Seven rings to rule them all


I’m no scientist, but it seems like studying cannabis is kind of like studying the depths of the ocean: the deeper you go the more mind-blowing stuff you discover.

In 2019, a team of Italian researchers found a new compound in cannabis that could be 30 times as potent as THC.

Sounds pretty intense, right? Sure, but as always, there’s a lot we still don’t know. 

According to the research published in the journal Scientific Reports, the new compound, dubbed tetrahydrocannabiphorol (THCP), reacts with the CB1 receptor, same as good ol’ THC. The difference comes in the side chain of atoms each compound has that allows it to connect with cannabinoid receptors.

These alkyl side chains (if you want more chemistry, you’re gonna have to look it up yourself, sorry) must have at least three carbon rings in order to plug into the CB1 receptor. THC typically has five carbon rings.

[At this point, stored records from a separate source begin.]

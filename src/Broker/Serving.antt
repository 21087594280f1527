-- ===== src/Broker/Serving.antt =====
-- What a response that hints at skills satisfies.
use skill_kernel.Base.{
  ℕ, String, List, ◌++◌, none, some, ◌≡◌, refl, sym, subst, ap, inl, inr, leb, arith, All, All-In,
  All-of-In, find?, find?-In, filterb-In, is_empty, is_blank, strip, Bool-cases, Option-cases,
  ==_iff, All-append, str_eq_iff, true,
}
use skill_kernel.Jobs.Enqueue.{or_else}
use skill_kernel.Evaluator.Runtime.{Runtime}
use skill_kernel.Broker.Types.{
  Formats, RetrievalCandidate, BrokerPolicy, ContextHintRequest, no_skill, ContextHintResponse,
  policy_response,
}
use skill_kernel.Broker.Select.{rerank_candidates, select_skill_candidates}
use skill_kernel.Broker.Retrieved.{
  Within, select_skill_candidates-Within, apply_executor_compatibility-Within,
  rerank_candidates-Within,
}
use skill_kernel.Broker.Selection.{select_skill_candidates-split}
use skill_kernel.Broker.Cache.{
  CacheKey, CachedContextHint, key, same_key, is_under, pop, cache_get, cache_set,
}
use skill_kernel.Broker.Hint.{
  Stores, Call, semantic_candidates, validate_memory_influence, memory_ids, is_unapproved,
}
use skill_kernel.Broker.Serve.{
  Served, some_result, ranked_candidates, answer_query, build_context_hint,
}
use skill_kernel.Broker.Rendering.{answered, IsServable, unhinted, answer_selection-Servable}

some_injective {ℓ} : {A : Type ℓ} {a b : A} → some a ≡ some b → a ≡ b
some_injective e = cc

same_fields :
    {workspace workspace' profile profile' query query' policy policy' : String} {n n' : ℕ}
    → workspace ≡ workspace'
    → profile ≡ profile'
    → query ≡ query'
    → n ≡ n'
    → policy ≡ policy'
    → ◌≡◌ {A = CacheKey}
        (record {
          workspace_id = workspace;
          executor_profile_id = profile;
          query = query;
          max_tokens = n;
          policy_key = policy;
        })
        (record {
          workspace_id = workspace';
          executor_profile_id = profile';
          query = query';
          max_tokens = n';
          policy_key = policy';
        })
same_fields a b c d e = cc

-- Keys that are the same to the dict are equal.
same_key-eq : (a b : CacheKey) → same_key a b ≡ true → a ≡ b
unfolding same_key
same_key-eq a b h =
    same_fields ((str_eq_iff a.workspace_id b.workspace_id).0 (ground arith))
      ((str_eq_iff a.executor_profile_id b.executor_profile_id).0 (ground arith))
      ((str_eq_iff a.query b.query).0 (ground arith))
      (ground (arith, ==_iff a.max_tokens b.max_tokens))
      ((str_eq_iff a.policy_key b.policy_key).0 (ground arith))

module _ (rt : Runtime) (formats : Formats) (Asked : Stores → BrokerPolicy → Type 0) where
  -- No entry of the cache is a hint that may not be shown.
  abbrev pub AreServable : List CachedContextHint → Type 0
  AreServable entries = All (λ e. IsServable rt formats Asked e.key_of e.response) entries

  pop-Servable :
      (k : CacheKey) (entries : List CachedContextHint)
      → AreServable entries
      → AreServable (pop k entries)
  pop-Servable k entries h =
      All-of-In (λ e. IsServable rt formats Asked e.key_of e.response) _
        (λ e m.
          All-In (λ e. IsServable rt formats Asked e.key_of e.response) (filterb-In _ e entries m).0
            h)

  cache_get-Servable :
      (now : ℕ) (k : CacheKey) (entries : List CachedContextHint)
      → AreServable entries
      → AreServable (cache_get now k entries).1
        × ((hit : ContextHintResponse)
            → (cache_get now k entries).0 ≡ some hit
            → IsServable rt formats Asked k hit)
  unfolding cache_get same_key
  cache_get-Servable now k entries h = elim (Option-cases (find? (is_under k) entries)) [
    | inl e ↦ rw (e, cache_get) (h, λ hit missed. cc)
    | inr s ↦
        let (m, same) = find?-In (is_under k) entries s.0 s.1 in
        let same_keys : s.0.key_of ≡ k = sym (same_key-eq k s.0.key_of same) in
        let fits : IsServable rt formats Asked k s.0.response =
          subst (λ l. IsServable rt formats Asked l s.0.response) same_keys
            (All-In (λ e. IsServable rt formats Asked e.key_of e.response) m h) in
        elim (Bool-cases (leb s.0.expires_at now)) [
          | inl expired ↦ rw (s.1, expired, cache_get) (pop-Servable k entries h, λ hit missed. cc)
          | inr current ↦
              rw (s.1, current, cache_get)
                (h, λ hit e. subst (IsServable rt formats Asked k) (some_injective e) fits)
        ]
  ]

  -- The response may be given for the key, and the entries of the cache may be kept.
  abbrev pub IsSafe : CacheKey → Served → Type 0
  IsSafe k served =
      IsServable rt formats Asked k served.response
      × ((after : List CachedContextHint) → served.cache ≡ some after → AreServable after)

  cache_set-Servable :
      (ttl_seconds now : ℕ) (k : CacheKey) (res : ContextHintResponse)
      (entries : List CachedContextHint)
      → AreServable entries
      → IsServable rt formats Asked k res
      → AreServable (cache_set ttl_seconds now k res entries)
  unfolding cache_set
  cache_set-Servable ttl_seconds now k res entries h fits =
      All-append (λ e. IsServable rt formats Asked e.key_of e.response) _ _
        (pop-Servable k entries h) (fits, tt)

  module _ (stores : Stores) (policy : BrokerPolicy) (asked : Asked stores policy) where
    answer_query-Servable :
        (request : ContextHintRequest) (query : String)
        → IsServable rt formats Asked
            (key formats.show_uuid rt.lower request query policy)
            (answer_query rt formats stores policy request query).0
    unfolding answer_query policy_response
    answer_query-Servable request query =
        let lexical = stores.lexical_query request query policy.lexical_limit in
        let semantic = some_result stores.semantic_query request query policy.semantic_limit in
        let candidates = lexical.candidates ++ semantic_candidates semantic in
        let everything = answered rt formats stores policy request query in
        let ranked : List RetrievalCandidate =
          (ranked_candidates rt formats stores policy request query candidates).0 in
        let h = select_skill_candidates-split rt ranked in
        let within : Within (select_skill_candidates rt ranked).selected everything = λ c m.
          rerank_candidates-Within rt formats everything query c (
            apply_executor_compatibility-Within rt formats stores.list_statuses request
              (rerank_candidates rt formats everything query) c
              (select_skill_candidates-Within rt ranked c m)) in
        elim (Bool-cases (is_empty candidates)) [
          | inl nothing ↦ rw (nothing, answer_query) (λ hinted. cc)
          | inr something ↦
              rw (something, answer_query)
                (answer_selection-Servable rt formats Asked stores policy asked request query _ _
                  (select_skill_candidates rt ranked) within h.0 h.1)
        ]

    -- A blocked request gets no skill.
    validate-unhinted :
        (request : ContextHintRequest) (blocked : ContextHintResponse × List Call)
        → validate_memory_influence stores.memory_status request policy ≡ some blocked
        → blocked.0.decision ≡ no_skill
    unfolding validate_memory_influence policy_response
    validate-unhinted request blocked h = elim (Bool-cases (is_empty (memory_ids request))) [
      | inl nothing ↦
          let e : none ≡ some blocked = rw (nothing, validate_memory_influence) at h in cc
      | inr something ↦ elim (Option-cases stores.memory_status) [
        | inl e ↦
            let f = rw (something, e, validate_memory_influence) at h in
            sym (ap (λ b. b.0.decision) (some_injective f))
        | inr s ↦ elim (Option-cases (find? (is_unapproved s.0) (memory_ids request))) [
          | inl e ↦
              let f : none ≡ some blocked =
                rw (something, s.1, e, validate_memory_influence) at h in
              cc
          | inr i ↦
              let f = rw (something, s.1, i.1, validate_memory_influence) at h in
              sym (ap (λ b. b.0.decision) (some_injective f))
        ]
      ]
    ]

    -- Let `Asked` hold of the stores and the policy of this call and of the earlier ones. A response
    -- hints at skills only if its hint renders candidates that such stores answered, under such a
    -- policy, to a request with the same key of the cache (workspace, executor, lower-case query,
    -- token limit and policy). Each of them has a runtime state and a passed secret scan, no two are the same, none is
    -- there by a conflict edge, the scanner finds nothing that blocks in their summaries with the
    -- hint, and the hint has at most four characters for each token of the request (one token at
    -- least). So it is for a response from the cache, if it is for the entries of the cache before;
    -- and so it is for the entries after.
    pub build_context_hint-IsSafe :
        (ttl_seconds now_get now_set : ℕ) (request : ContextHintRequest)
        (entries : List CachedContextHint)
        → AreServable entries
        → IsSafe
            (key formats.show_uuid rt.lower request (strip (or_else request.user_intent "")) policy)
            (build_context_hint rt formats stores policy ttl_seconds now_get now_set request
              (some entries))
    unfolding build_context_hint policy_response
    build_context_hint-IsSafe ttl_seconds now_get now_set request entries h =
        let query = strip (or_else request.user_intent "") in
        let k = key formats.show_uuid rt.lower request query policy in
        let (kept, hits) = cache_get-Servable now_get k entries h in
        elim (Bool-cases (is_blank query)) [
          | inl blank ↦
              rw (blank, build_context_hint)
                (
                  unhinted rt formats Asked k (policy_response policy no_skill "empty-intent")
                      (inl refl),
                  λ after e. subst AreServable (some_injective e) h,
                )
          | inr stated ↦
              elim (Option-cases (validate_memory_influence stores.memory_status request policy)) [
                | inr blocked ↦
                    rw (stated, blocked.1, build_context_hint)
                      (
                        unhinted rt formats Asked k blocked.0.0
                            (inl (validate-unhinted request blocked.0 blocked.1)),
                        λ after e. subst AreServable (some_injective e) h,
                      )
                | inl free ↦ elim (Option-cases (cache_get now_get k entries).0) [
                  | inr hit ↦
                      rw (stated, free, hit.1, build_context_hint)
                        (hits hit.0 hit.1, λ after e. subst AreServable (some_injective e) kept)
                  | inl missed ↦
                      rw (stated, free, missed, build_context_hint)
                        (
                          answer_query-Servable request query,
                          λ after e. subst AreServable (some_injective e) (
                              cache_set-Servable ttl_seconds now_set k _ _ kept
                                (answer_query-Servable request query)),
                        )
                ]
              ]
        ]
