-- ===== src/Broker/Tests.antt =====
-- A broker with one skill, and the theorems at it.
use skill_kernel.Base.{
  ℕ, String, str_eq, false, List, [], ◌∷◌, none, some, ◌≡◌, ◌≢◌, refl, ◌⊎◌, ◌+◌, leb, ltb, ◌-◌, ◌*◌,
  ◌/◌, if◌then◌else◌, length, In, here, All, Apart, Json, Float, end, field, str, pos, pos_part,
  raised, returned, value_error, overflow_error, key_error, ℤ, Bool-cases, inl, inr, strip, lstrip,
  rstrip, Fields, true,
}
use skill_kernel.Evaluator.Runtime.{Runtime}
use skill_kernel.Broker.Types.{
  Formats, RetrievalCandidate, BrokerPolicy, ContextHintRequest, no_skill, suppressed,
  policy_response,
}
use skill_kernel.Broker.Select.{
  skill_ids_of, verdict, skill_verdict, select_from, select_skill_candidates,
}
use skill_kernel.Broker.Policies.{
  broker_part, has_overflow, IsNumeric, InBounds, from_artifact, from_artifact-bounds,
}
use skill_kernel.Broker.Selection.{IsRuntimeSkill, select_skill_candidates-split}
use skill_kernel.Broker.Cache.{CacheKey, same_key, key, with_status, cache_get, cache_set}
use skill_kernel.Broker.Hint.{Stores}
use skill_kernel.Broker.Serve.{build_context_hint}
use skill_kernel.Broker.Serving.{IsSafe, build_context_hint-IsSafe}
use skill_kernel.Broker.Memories.{IsRefused, build_context_hint-memory}
use skill_kernel.Broker.Caching.{cache_get-cache_set}

abbrev float : ℕ → Float
float n = record { code = n }

abbrev text_of : Json → String
text_of (str s) = s
text_of v = "other"

abbrev runtime : Runtime
runtime = record {
  str_of = text_of;
  lower = λ s. s;
  chars = λ s. [];
  contains = λ part s. str_eq part s;
  is_zero = λ x. ltb x.code 1;
  float_of_text = λ s. none;
  float_of_int = λ n.
      if ltb (pos_part n) 1_000_000
      then returned (float (pos_part n * 1000))
      else raised overflow_error;
  int_of_text = λ s. raised value_error;
  int_of_float = λ x. returned (pos (x.code / 1000));
  add = λ x y. float (x.code + y.code);
  sub = λ x y. float (x.code - y.code);
  mul = λ x y. float (x.code * y.code / 1000);
  div = λ x y. float (x.code * 1000 / y.code);
  less = λ x y. ltb x.code y.code;
  at_most = λ x y. leb x.code y.code;
  sum = λ xs. float 0;
  round6 = λ x. x;
  milli = float;
  matcher = record {
    search = λ p text. false;
    sub = λ p by text. text;
    has_bidi_control = λ text. false;
    has_format_control = λ text. false;
  };
}

abbrev formats : Formats
formats = record { uuid_of = λ s. none; show_uuid = λ i. "id"; found_terms = λ s. s ∷ [] }

abbrev document : ℕ → ℕ → String → RetrievalCandidate
document id skill state = record {
  object_type = "body_index_document";
  object_id = id;
  skill_id = some skill;
  summary = "rotates logs";
  rank = float 500;
  metadata = field "secret_scan_status" (str "passed") (field "lifecycle_state" (str state) end);
}

abbrev found : List RetrievalCandidate
found = document 1 7 "active" ∷ document 2 8 "frozen" ∷ document 3 7 "active" ∷ []

abbrev stores : Stores
stores = record {
  lexical_query = λ request query limit. record { candidates = found; log_id = some 3 };
  semantic_query = none;
  expand_skill_graph = λ workspace ids kinds limit. [];
  list_statuses = none;
  memory_status = some (λ i. none);
}

abbrev policy : BrokerPolicy
policy = record {
  version = "bootstrap.v1";
  broker_policy_version_id = none;
  lexical_limit = 8;
  semantic_limit = 8;
  graph_edge_kinds = [];
  graph_limit = 12;
  max_rendered_skills = 4;
  canary_sample_rate = float 0;
  replay_tags = [];
}

abbrev asking : List ℕ → ContextHintRequest
asking memories = record {
  workspace_id = "home";
  executor_profile_id = none;
  memory_influence_ids = memories;
  user_intent = some "logs";
  max_tokens = 600;
}

-- The frozen skill and the second document of the other are suppressed.
one_selected : skill_ids_of (select_skill_candidates runtime found).selected ≡ 7 ∷ []
unfolding select_skill_candidates select_from verdict skill_verdict
one_selected = refl

select_skill_candidates-split_example :
    let s = select_skill_candidates runtime found in
    All (IsRuntimeSkill runtime) s.selected
    × Apart (λ i j. ◌≢◌ i j) (skill_ids_of s.selected)
    × ((c : RetrievalCandidate)
        → In c found
        → In c s.selected ⊎ ((reason : String) × In (suppressed c reason) s.suppressed_of))
    × (length found ≡ length s.selected + length s.suppressed_of)
select_skill_candidates-split_example = select_skill_candidates-split runtime found

abbrev asked_key : CacheKey
asked_key = key formats.show_uuid runtime.lower (asking []) "logs" policy

-- The broker was called with these stores and this policy only.
abbrev Asked : Stores → BrokerPolicy → Type 0
Asked s p = (s ≡ stores) × (p ≡ policy)

build_context_hint-IsSafe_example :
    IsSafe runtime formats Asked asked_key
      (build_context_hint runtime formats stores policy 30 100 101 (asking []) (some []))
unfolding strip lstrip rstrip
build_context_hint-IsSafe_example =
    build_context_hint-IsSafe runtime formats Asked stores policy (refl, refl) 30 100 101
      (asking []) [] tt

build_context_hint-memory_example :
    let served =
      build_context_hint runtime formats stores policy 30 100 101 (asking (5 ∷ [])) (some []) in
    IsRefused stores.memory_status policy served.response served.calls
    × (served.response.skill_ids ≡ [])
    × (served.response.hint ≡ "")
    × (served.response.retrieval_log_id ≡ none)
    × (served.cache ≡ some [])
unfolding strip lstrip rstrip
build_context_hint-memory_example =
    build_context_hint-memory runtime formats stores policy 30 100 101 (asking (5 ∷ [])) (some []) 5
      refl here refl

cache_get-cache_set_example :
    (cache_get 120 asked_key
      (cache_set 30 100 asked_key (policy_response policy no_skill "retrieval-empty") [])).0
    ≡ (if same_key asked_key asked_key
        then (if leb (100 + 30) 120
            then none
            else some (with_status "cache-hit" (policy_response policy no_skill "retrieval-empty")))
        else (cache_get 120 asked_key []).0)
cache_get-cache_set_example =
    cache_get-cache_set 30 100 120 asked_key asked_key
      (policy_response policy no_skill "retrieval-empty") []

abbrev artifact : Fields
artifact = field "lexical_limit" (str "many") end

int_of_runtime : (n : ℤ) → runtime.float_of_int n ≢ raised key_error
int_of_runtime n = elim (Bool-cases (ltb (pos_part n) 1_000_000)) [
  | inl small ↦ λ e. let f = rw small at e in cc
  | inr large ↦ λ e. let f = rw large at e in cc
]

runtime-IsNumeric : IsNumeric runtime
runtime-IsNumeric = (λ s e. cc, λ x e. cc, int_of_runtime)

from_artifact-bounds_example :
    (has_overflow runtime (broker_part artifact) ≡ true)
      × (from_artifact runtime "v2" artifact none ≡ raised overflow_error)
    ⊎ (has_overflow runtime (broker_part artifact) ≡ false)
      × ((p : BrokerPolicy) × (from_artifact runtime "v2" artifact none ≡ returned p)
          × InBounds runtime p)
from_artifact-bounds_example = from_artifact-bounds runtime "v2" artifact none runtime-IsNumeric
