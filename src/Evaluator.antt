-- ===== src/Evaluator.antt =====
-- The deterministic proposal gate: sidecar/autoskill/services/evaluator.py.
pub mod Runtime
pub mod Replay
pub mod Probes
pub mod Metrics
pub mod Gate
pub mod Verdicts
pub mod Acceptance
pub mod Assurance
pub mod Budgets
pub mod Totality
mod Tests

But science has long posited that eight carbon rings would provide the best fit for the receptor and elicit the strongest biological response. 

THCP has — wait for it — seven carbon rings.  

Because it has a closer fit with CB1, THCP binds more reliably to the receptor than THC, like, 30 times more reliably, which is why scientists think it may be 30 times more potent. 

This theory was supported by giving THCP to lab mice, who acted just like they would if they were given THC: their movements slowed, temperatures decreased and their reactions to painful stimuli diminished. The researchers found it would take about twice as much THC to induce the same effects in mice. 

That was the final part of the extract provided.